ある休日の昼下がり、「小学生になって初めての夏休みで、子どもがとまどっています」「去年の夏休みは過ごし方を失敗してしまって、宿題が終わらず最終日に泣くことになったので、今年はなんとかしたくて」など、さまざまな思いをもったお母さん達が「こども手帳術・夏休み講座」が開かれる会場に集まっていました。

なかには「おもしろそうだから参加してきてよ。後で僕に作り方を教えて!」と息子から頼まれたという、お母さんも。

お母さん達を前に、講師をつとめる星野さんは話しはじめます。「大人ですらスケジュールを管理し、優先順位をつけて行動するのは難しいもの。子どもが予定通りに動くことができないのは当然です」

こども手帳術の基本コンセプトは、毎日の「宿題をやっているの?」「いまやろうと思ってたのに!」というバトルを減らし、「親と子どものストレス値」を下げること。そして、中学や高校、さらに先の大人になったときに重要な、自己管理能力を身に着けることだとか。

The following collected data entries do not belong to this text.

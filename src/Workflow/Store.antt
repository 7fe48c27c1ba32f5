-- ===== src/Workflow/Store.antt =====
-- workflow/store.py: `InMemoryStateStore`. Each method runs under the lock, so it is one step on the
-- three dictionaries; it returns the new store, or raises and leaves the store as it was. The clock
-- is the argument `now`.
pub mod Valid
pub mod Access
pub mod Cleanup
pub mod Reach
pub mod Refinement
use nl2data_core.Common.{
  ℕ, suc, ◌+◌, Bool, true, false, ◌&&◌, ◌||◌, not, Option, none, some, List, [], ◌∷◌, String,
  Result, ok, err, ◌>>=◌, ◌>>◌, raise_if, if◌then◌else◌, ltb, leb, ◌==◌, str_eq, opt_eq, is_some,
  length, take,
}
use nl2data_core.Common.Dict.{Dict, lookup, has_key, insert, erase}
use nl2data_core.Common.Sort.{sorted}
use nl2data_core.Workflow.Models.{WorkflowStatus, WorkflowState, is_terminal, status_eq}

pub record Store : Type 0 where
  pub states : Dict WorkflowState
  pub revisions : Dict ℕ
  pub updated_at : Dict ℕ

-- `InMemoryStateStore()`.
abbrev pub empty : Store
empty = record { states = []; revisions = []; updated_at = [] }

-- What the methods raise. `key_error` is Python's own, from `d[k]` or `del d[k]`.
pub data StoreError : Type 0 where
  already_exists not_found scope_mismatch state_scope_mismatch : String → StoreError
  terminal_status : WorkflowStatus → WorkflowStatus → StoreError
  status_changed : String → WorkflowStatus → StoreError
  version_changed : String → ℕ → ℕ → StoreError
  value_error : StoreError
  key_error : String → StoreError

-- `d[k]`.
abbrev pub subscript {ℓ} : {V : Type ℓ} → String → Dict V → Result StoreError V
subscript k d = elim (lookup k d) [ none ↦ err (key_error k) | some v ↦ ok v ]

-- `del d[k]`.
abbrev pub delete {ℓ} : {V : Type ℓ} → String → Dict V → Result StoreError (Dict V)
delete k d = if has_key k d then ok (erase k d) else err (key_error k)

unfoldable pub create : ℕ → WorkflowState → Store → Result StoreError Store
create now state s = do
  raise_if (has_key state.workflow_id s.states) (already_exists state.workflow_id)
  ok (record {
    states = insert state.workflow_id state s.states;
    revisions = insert state.workflow_id 1 s.revisions;
    updated_at = insert state.workflow_id now s.updated_at;
  })

-- `_states.get(workflow_id)`, hidden from every other scope.
abbrev visible : Option WorkflowState → Option String → Option WorkflowState
visible none scope = none
visible (some state) scope =
    if opt_eq state.tenant_scope_fingerprint scope then some state else none

unfoldable pub get : String → Option String → Store → Option WorkflowState
get workflow_id scope s = visible (lookup workflow_id s.states) scope

unfoldable pub get_revision : String → Option String → Store → Result StoreError (Option ℕ)
get_revision workflow_id scope s = elim (visible (lookup workflow_id s.states) scope) [
  | none ↦ ok none
  | some state ↦ subscript workflow_id s.revisions >>= λ revision. ok (some revision)
]

bound_to : Option WorkflowState → String → Option WorkflowState
bound_to none request_id = none
bound_to (some state) request_id = if str_eq state.request_id request_id then some state else none

unfoldable pub get_checkpoint : String → String → Option String → Store → Option WorkflowState
unfolding bound_to
get_checkpoint workflow_id request_id scope s =
    visible (bound_to (lookup workflow_id s.states) request_id) scope

-- The tests of `update` before the version is looked at.
pub check_current :
    String
    → WorkflowState
    → WorkflowStatus
    → WorkflowState
    → Option String
    → Result StoreError (Unit {0})
check_current workflow_id current expected_status state scope = do
  raise_if (not (opt_eq current.tenant_scope_fingerprint scope)) (scope_mismatch workflow_id)
  raise_if (not (opt_eq current.tenant_scope_fingerprint state.tenant_scope_fingerprint))
      (state_scope_mismatch workflow_id)
  raise_if (is_terminal current.status && not (status_eq state.status current.status))
      (terminal_status current.status state.status)
  raise_if (not (status_eq current.status expected_status))
      (status_changed workflow_id expected_status)

-- `if expected_version is not None and self._revisions[workflow_id] != expected_version`.
pub check_version : String → Option ℕ → Store → Result StoreError (Unit {0})
check_version workflow_id none s = ok tt
check_version workflow_id (some version) s = do
  actual ← subscript workflow_id s.revisions
  raise_if (not (actual == version)) (version_changed workflow_id version actual)

pub write : ℕ → String → WorkflowState → Store → Result StoreError Store
write now workflow_id state s = do
  revision ← subscript workflow_id s.revisions
  ok (record {
    states = insert workflow_id state s.states;
    revisions = insert workflow_id (revision + 1) s.revisions;
    updated_at = insert workflow_id now s.updated_at;
  })

unfoldable pub update :
    ℕ
    → String
    → WorkflowStatus
    → WorkflowState
    → Option ℕ
    → Option String
    → Store
    → Result StoreError Store
update now workflow_id expected_status state expected_version scope s =
    elim (lookup workflow_id s.states) [
      | none ↦ err (not_found workflow_id)
      | some current ↦
          (check_current workflow_id current expected_status state scope
            >> (check_version workflow_id expected_version s >> write now workflow_id state s))
    ]

ids_in_scope : Option String → Dict WorkflowState → List String
ids_in_scope scope [] = []
ids_in_scope scope ((workflow_id, state) ∷ d) =
    if opt_eq state.tenant_scope_fingerprint scope
    then workflow_id ∷ ids_in_scope scope d
    else ids_in_scope scope d

unfoldable pub list_ids : Option String → Store → List String
unfolding ids_in_scope
list_ids scope s = sorted (ids_in_scope scope s.states)

-- The generator of `cleanup`; `_updated_at[workflow_id]` is read only of a terminal state.
removable_ids : ℕ → Dict ℕ → Dict WorkflowState → Result StoreError (List String)
removable_ids terminal_before updated_at [] = ok []
removable_ids terminal_before updated_at ((workflow_id, state) ∷ d) =
    let rest = removable_ids terminal_before updated_at d in
    if is_terminal state.status
    then (subscript workflow_id updated_at >>= λ at.
        rest >>= λ ids. ok (if leb at terminal_before then workflow_id ∷ ids else ids))
    else rest

delete_one : String → Store → Result StoreError Store
delete_one workflow_id s = do
  states ← delete workflow_id s.states
  revisions ← delete workflow_id s.revisions
  updated_at ← delete workflow_id s.updated_at
  ok (record { states = states; revisions = revisions; updated_at = updated_at })

delete_all : List String → Store → Result StoreError Store
unfolding delete_one
delete_all [] s = ok s
delete_all (workflow_id ∷ ids) s = delete_one workflow_id s >>= delete_all ids

-- The number removed, and the store that is left. `expired_before` is not read.
unfoldable pub cleanup : ℕ → ℕ → ℕ → Store → Result StoreError (ℕ × Store)
unfolding removable_ids delete_all
cleanup terminal_before expired_before max_records s = do
  raise_if (ltb max_records 1) value_error
  removable ← removable_ids terminal_before s.updated_at s.states
  let removed = take max_records (sorted removable)
  left ← delete_all removed s
  ok (length removed, left)
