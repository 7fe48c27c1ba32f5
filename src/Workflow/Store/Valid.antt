-- ===== src/Workflow/Store/Valid.antt =====
-- The invariant of the store: its three dictionaries have the same keys, each once.
use nl2data_core.Common.{
  ℕ, ◌+◌, ◌≤◌, ◌≡◌, refl, none, [], ◌∷◌, String, ok, arith, str_eq, str_eq_iff, count,
  if◌then◌else◌,
}
use nl2data_core.Common.Dict.{
  Dict, lookup, has_key, insert, erase, keys, lookup-eq-none_iff, count-keys-erase,
}
use nl2data_core.Workflow.Models.{WorkflowState}
use nl2data_core.Workflow.Store.{Store, empty, create}

pub record IsValid (s : Store) : Type 0 where
  pub same_revisions : keys s.revisions ≡ keys s.states
  pub same_updated : keys s.updated_at ≡ keys s.states
  pub once : (k : String) → count k (keys s.states) ≤ 1

module _ {ℓ κ} {V : Type ℓ} {W : Type κ} where
  -- What happens to the keys does not depend on the values.
  pub keys-insert_same :
      (k : String) (v : V) (w : W) (d : Dict V) (e : Dict W)
      → keys d ≡ keys e
      → keys (insert k v d) ≡ keys (insert k w e)
  keys-insert_same k v w [] [] h = refl
  keys-insert_same k v w [] (y ∷ e) h = cc
  keys-insert_same k v w (x ∷ d) [] h = cc
  keys-insert_same k v w (x ∷ d) (y ∷ e) h = ground (arith, keys-insert_same k v w d e)

  pub keys-erase_same :
      (k : String) (d : Dict V) (e : Dict W) → keys d ≡ keys e → keys (erase k d) ≡ keys (erase k e)
  keys-erase_same k [] [] h = refl
  keys-erase_same k [] (y ∷ e) h = cc
  keys-erase_same k (x ∷ d) [] h = cc
  keys-erase_same k (x ∷ d) (y ∷ e) h = ground (arith, keys-erase_same k d e)

  pub has_key_same :
      (k : String) (d : Dict V) (e : Dict W) → keys d ≡ keys e → has_key k d ≡ has_key k e
  has_key_same k [] [] h = refl
  has_key_same k [] (y ∷ e) h = cc
  has_key_same k (x ∷ d) [] h = cc
  has_key_same k (x ∷ d) (y ∷ e) h = ground (arith, has_key_same k d e)

pub count-keys-insert {ℓ} :
    {V : Type ℓ} (j k : String) (v : V) (d : Dict V)
    → count j (keys (insert k v d)) ≡ (
        if has_key k d
        then count j (keys d)
        else (if str_eq j k then count j (keys d) + 1 else count j (keys d)))
count-keys-insert j k v [] = ground arith
count-keys-insert j k v ((i, w) ∷ d) =
    ground (arith, str_eq_iff j i, str_eq_iff k i, str_eq_iff j k, count-keys-insert j k v d)

insert-once {ℓ} :
    {V : Type ℓ} (j k : String) (v : V) (d : Dict V)
    → count j (keys d) ≤ 1
    → count j (keys (insert k v d)) ≤ 1
insert-once j k v d h =
    ground (arith, str_eq_iff j k, count-keys-insert j k v d, lookup-eq-none_iff k d)

erase-once {ℓ} :
    {V : Type ℓ} (j k : String) (d : Dict V) → count j (keys d) ≤ 1 → count j (keys (erase k d)) ≤ 1
erase-once j k d h = ground (arith, count-keys-erase j k d)

pub empty-IsValid : IsValid empty
empty-IsValid = record { same_revisions = refl; same_updated = refl; once = λ k. omega arith }

-- One write to all three dictionaries keeps the invariant.
pub insert-IsValid :
    (k : String) (state : WorkflowState) (revision now : ℕ) (s : Store)
    → IsValid s
    → IsValid (record {
      states = insert k state s.states;
      revisions = insert k revision s.revisions;
      updated_at = insert k now s.updated_at;
    })
insert-IsValid k state revision now s v = record {
  same_revisions = keys-insert_same k revision state s.revisions s.states v.same_revisions;
  same_updated = keys-insert_same k now state s.updated_at s.states v.same_updated;
  once = λ j. insert-once j k state s.states (v.once j);
}

pub erase-IsValid :
    (k : String) (s : Store)
    → IsValid s
    → IsValid (record {
      states = erase k s.states;
      revisions = erase k s.revisions;
      updated_at = erase k s.updated_at;
    })
erase-IsValid k s v = record {
  same_revisions = keys-erase_same k s.revisions s.states v.same_revisions;
  same_updated = keys-erase_same k s.updated_at s.states v.same_updated;
  once = λ j. erase-once j k s.states (v.once j);
}

-- What a successful `create` did.
pub create_lem :
    (now : ℕ) (state : WorkflowState) (s : Store) {t : Store}
    → create now state s ≡ ok t
    → (lookup state.workflow_id s.states ≡ none)
      × (t ≡ record {
        states = insert state.workflow_id state s.states;
        revisions = insert state.workflow_id 1 s.revisions;
        updated_at = insert state.workflow_id now s.updated_at;
      })
unfolding create
create_lem now state s h = ground arith

pub create-IsValid :
    (now : ℕ) (state : WorkflowState) (s : Store) {t : Store}
    → create now state s ≡ ok t
    → IsValid s
    → IsValid t
create-IsValid now state s h v =
    rw ((create_lem now state s h).1) (insert-IsValid state.workflow_id state 1 now s v)
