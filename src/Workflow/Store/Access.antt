-- ===== src/Workflow/Store/Access.antt =====
-- Reading and compare-and-set: what `update` did when it succeeded, that it never meets a missing
-- key, that two writers cannot both win, and what other scopes and workflows see.
use nl2data_core.Common.{
  ℕ, ◌+◌, ◌≡◌, refl, ◌≢◌, Option-cases, true, false, Option, none, some, ◌⊎◌, inl, inr, String, ok,
  err, arith, str_eq_iff, opt_eq_iff,
}
use nl2data_core.Common.Dict.{lookup, insert, lookup-insert, lookup-insert_self}
use nl2data_core.Workflow.Models.{WorkflowStatus, WorkflowState, is_terminal, status_eq_iff}
use nl2data_core.Workflow.Store.{
  Store, key_error, get, get_revision, check_current, check_version, write, update,
}
use nl2data_core.Workflow.Store.Valid.{IsValid, has_key_same, insert-IsValid}

-- What holds of the stored state, and of the store that `update` leaves.
pub record Updated (now : ℕ) (id : String) (expected : WorkflowStatus) (state : WorkflowState)
    (version : Option ℕ) (scope : Option String) (s t : Store) : Type 0 where
  pub current : WorkflowState
  pub revision : ℕ
  pub found : lookup id s.states ≡ some current
  pub counted : lookup id s.revisions ≡ some revision
  pub in_scope : current.tenant_scope_fingerprint ≡ scope
  pub keeps_scope : state.tenant_scope_fingerprint ≡ scope
  pub expects : current.status ≡ expected
  pub keeps_terminal : is_terminal current.status ≡ true → state.status ≡ current.status
  pub versioned : (v : ℕ) → version ≡ some v → revision ≡ v
  pub written : t ≡ record {
    states = insert id state s.states;
    revisions = insert id (revision + 1) s.revisions;
    updated_at = insert id now s.updated_at;
  }

-- What the tests of `update` establish.
pub check_current_lem :
    (id : String) (current : WorkflowState) (expected : WorkflowStatus) (state : WorkflowState)
    (scope : Option String)
    → check_current id current expected state scope ≡ ok tt
    → (current.tenant_scope_fingerprint ≡ scope)
      × (state.tenant_scope_fingerprint ≡ scope)
      × (current.status ≡ expected)
      × (is_terminal current.status ≡ true → state.status ≡ current.status)
unfolding check_current
check_current_lem id current expected state scope h = (
  ground (arith, opt_eq_iff current.tenant_scope_fingerprint scope),
  ground (
    arith,
    opt_eq_iff current.tenant_scope_fingerprint scope,
    opt_eq_iff current.tenant_scope_fingerprint state.tenant_scope_fingerprint,
  ),
  (status_eq_iff current.status expected).0 (ground arith),
  λ e. (status_eq_iff state.status current.status).0 (ground arith),
)

check_version_lem :
    (id : String) (version : Option ℕ) (s : Store) {revision : ℕ}
    → lookup id s.revisions ≡ some revision
    → check_version id version s ≡ ok tt
    → (v : ℕ) → version ≡ some v
    → revision ≡ v
unfolding check_version
check_version_lem id none s counted h v e = cc
check_version_lem id (some w) s counted h v e = ground arith

write_lem :
    (now : ℕ) (id : String) (state : WorkflowState) (s : Store) {t : Store}
    → write now id state s ≡ ok t
    → (revision : ℕ) × (lookup id s.revisions ≡ some revision)
      × (t ≡ record {
        states = insert id state s.states;
        revisions = insert id (revision + 1) s.revisions;
        updated_at = insert id now s.updated_at;
      })
unfolding write
write_lem now id state s h = elim (Option-cases (lookup id s.revisions)) [
  | inl uncounted ↦ absurd (ground arith)
  | inr (revision, counted) ↦ (revision, counted, ground arith)
]

module _ (now : ℕ) (id : String) (expected : WorkflowStatus) (state : WorkflowState)
    (version : Option ℕ) (scope : Option String) (s : Store) where
  Updated_of_parts :
      {t : Store} (current : WorkflowState)
      → lookup id s.states ≡ some current
      → check_current id current expected state scope ≡ ok tt
      → check_version id version s ≡ ok tt
      → write now id state s ≡ ok t
      → Updated now id expected state version scope s t
  Updated_of_parts current found checked fresh wrote =
      let (in_scope, keeps_scope, expects, keeps_terminal) =
        check_current_lem id current expected state scope checked in
      let (revision, counted, written) = write_lem now id state s wrote in
      record {
        current = current;
        revision = revision;
        found = found;
        counted = counted;
        in_scope = in_scope;
        keeps_scope = keeps_scope;
        expects = expects;
        keeps_terminal = keeps_terminal;
        versioned = check_version_lem id version s counted fresh;
        written = written;
      }

  pub update-Updated :
      {t : Store}
      → update now id expected state version scope s ≡ ok t
      → Updated now id expected state version scope s t
  unfolding update
  update-Updated h = elim (Option-cases (lookup id s.states)) [
    | inl missing ↦ absurd (ground arith)
    | inr (current, found) ↦
        Updated_of_parts current found (ground arith) (ground arith) (ground arith)
  ]

  -- A successful `update` keeps the invariant of the store.
  pub update-IsValid :
      {t : Store} → update now id expected state version scope s ≡ ok t → IsValid s → IsValid t
  update-IsValid h v =
      let u = update-Updated h in rw u.written (insert-IsValid id state (u.revision + 1) now s v)

  -- On a valid store `update` never meets a missing key, so no write is left half done.
  pub update-ne-key_error :
      (k : String) → IsValid s → update now id expected state version scope s ≢ err (key_error k)
  unfolding update check_current check_version write
  update-ne-key_error k v h = elim (Option-cases (lookup id s.states)) [
    | inl missing ↦ ground arith
    | inr (current, found) ↦ ground (arith, has_key_same id s.revisions s.states v.same_revisions)
  ]

  -- The update that the stored state, its scope, its status and its revision allow goes through.
  pub update-succeeds :
      {current : WorkflowState} {revision : ℕ}
      → lookup id s.states ≡ some current
      → lookup id s.revisions ≡ some revision
      → current.tenant_scope_fingerprint ≡ scope
      → state.tenant_scope_fingerprint ≡ scope
      → current.status ≡ expected
      → (is_terminal current.status ≡ false) ⊎ (state.status ≡ current.status)
      → (version ≡ none) ⊎ (version ≡ some revision)
      → update now id expected state version scope s
        ≡ ok (record {
          states = insert id state s.states;
          revisions = insert id (revision + 1) s.revisions;
          updated_at = insert id now s.updated_at;
        })
  unfolding update check_current check_version write
  update-succeeds {current} {revision} found counted here keeps expects live fresh = ground (
    arith,
    opt_eq_iff current.tenant_scope_fingerprint scope,
    opt_eq_iff current.tenant_scope_fingerprint state.tenant_scope_fingerprint,
    status_eq_iff current.status expected,
    status_eq_iff state.status current.status,
  )

  module _ {t : Store} (h : update now id expected state version scope s ≡ ok t) where
    -- Every other workflow is read as before, in every scope.
    pub get-update_ne : (j : String) (sc : Option String) → j ≢ id → get j sc t ≡ get j sc s
    unfolding get
    get-update_ne j sc ne =
        let u = update-Updated h in
        rw u.written (rw lookup-insert (ground (arith, str_eq_iff id j)))

    -- In every other scope, every workflow is read as before.
    pub get-update_other_scope :
        (j : String) (sc : Option String) → sc ≢ scope → get j sc t ≡ get j sc s
    unfolding get
    get-update_other_scope j sc ne =
        let u = update-Updated h in
        rw u.written (
          rw lookup-insert (
            ground (
              arith,
              str_eq_iff id j,
              opt_eq_iff u.current.tenant_scope_fingerprint sc,
              opt_eq_iff state.tenant_scope_fingerprint sc,
              u.found,
              u.in_scope,
              u.keeps_scope,
            )))

    lookup-states_self : lookup id t.states ≡ some state
    lookup-states_self =
        let u = update-Updated h in rw u.written (lookup-insert_self id state s.states)

    lookup-revisions_self : lookup id t.revisions ≡ some ((update-Updated h).revision + 1)
    lookup-revisions_self =
        let u = update-Updated h in
        rw u.written (lookup-insert_self id (u.revision + 1) s.revisions)

    -- In its own scope the workflow reads as written, one revision on.
    pub get-update_self :
        (get id scope t ≡ some state)
        × ((r : ℕ) × (get_revision id scope s ≡ ok (some r))
            × (get_revision id scope t ≡ ok (some (r + 1))))
    unfolding get get_revision
    get-update_self =
        let u = update-Updated h in
        let reads = lookup-states_self in
        let counts = lookup-revisions_self in
        (
          ground (arith, opt_eq_iff state.tenant_scope_fingerprint scope, u.keeps_scope, reads),
          (
            u.revision,
            ground (
              arith,
              opt_eq_iff u.current.tenant_scope_fingerprint scope,
              u.in_scope,
              u.found,
              u.counted,
            ),
            ground (
              arith,
              opt_eq_iff state.tenant_scope_fingerprint scope,
              u.keeps_scope,
              reads,
              counts,
            ),
          ),
        )

-- Of two writers that read the same revision, the second is refused, whatever else it asks.
pub update_stale :
    (now now' v : ℕ) (id : String) (expected expected' : WorkflowStatus)
    (state state' : WorkflowState) (scope scope' : Option String) (s : Store) {t u : Store}
    → update now id expected state (some v) scope s ≡ ok t
    → update now' id expected' state' (some v) scope' t ≢ ok u
update_stale now now' v id expected expected' state state' scope scope' s {t} h k =
    let first = update-Updated now id expected state (some v) scope s h in
    let second = update-Updated now' id expected' state' (some v) scope' t k in
    let counts : lookup id t.revisions ≡ some (first.revision + 1) =
      rw first.written (lookup-insert_self id (first.revision + 1) s.revisions) in
    ground (arith, first.versioned v refl, second.versioned v refl, second.counted, counts)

自らも娘2人の子育てに悩んだ時期があった星野さん。「スケジュール管理」「タスク管理」「情報の一元化」を3本の柱とした「あな吉手帳術」に出会ったことで、「やらなくちゃ! でも時間がない!」の日々が、快適な毎日に変わったとか。その経験から、どんどん成長していく子ども達にも、自分専用の手帳をもつことで「できた!」という喜びを感じてもらえるようにこども手帳術を考案したそうです。

「子ども達は手帳を使って自分自身でスケジュールを管理し、実行することを経験していくうちに、自然と『自分で考えて、実行できる子』に変わっていきますよ。さらに、子どもが自分で考えて動けるようになることで、お父さんお母さんもイライラすることが少なくなり、毎日の親子のコミュニケーションがもっと楽しくなります」と、星野さんは話し続けます。

「今回の講座では、夏休みという決まった期間の中で、きちんと宿題を終わらせられるよう、自分で計画を立て実行する練習を始めるための、手帳術をお伝えできればと思っています」

「こども手帳」の主役は、あくまで子ども自身!

星野さんの体験談や、こども手帳術のコンセプトを知ったお母さん達は身を乗り出すように話を聞いています。

しかし、ここで星野さんはお母さん達に釘をさします。

「気をつけてほしいのは、こども手帳術の主役は子どもであり、親はサポーターだということです。親が計画を立て、それに子どもを従わせる道具ではないことを忘れてはいけません。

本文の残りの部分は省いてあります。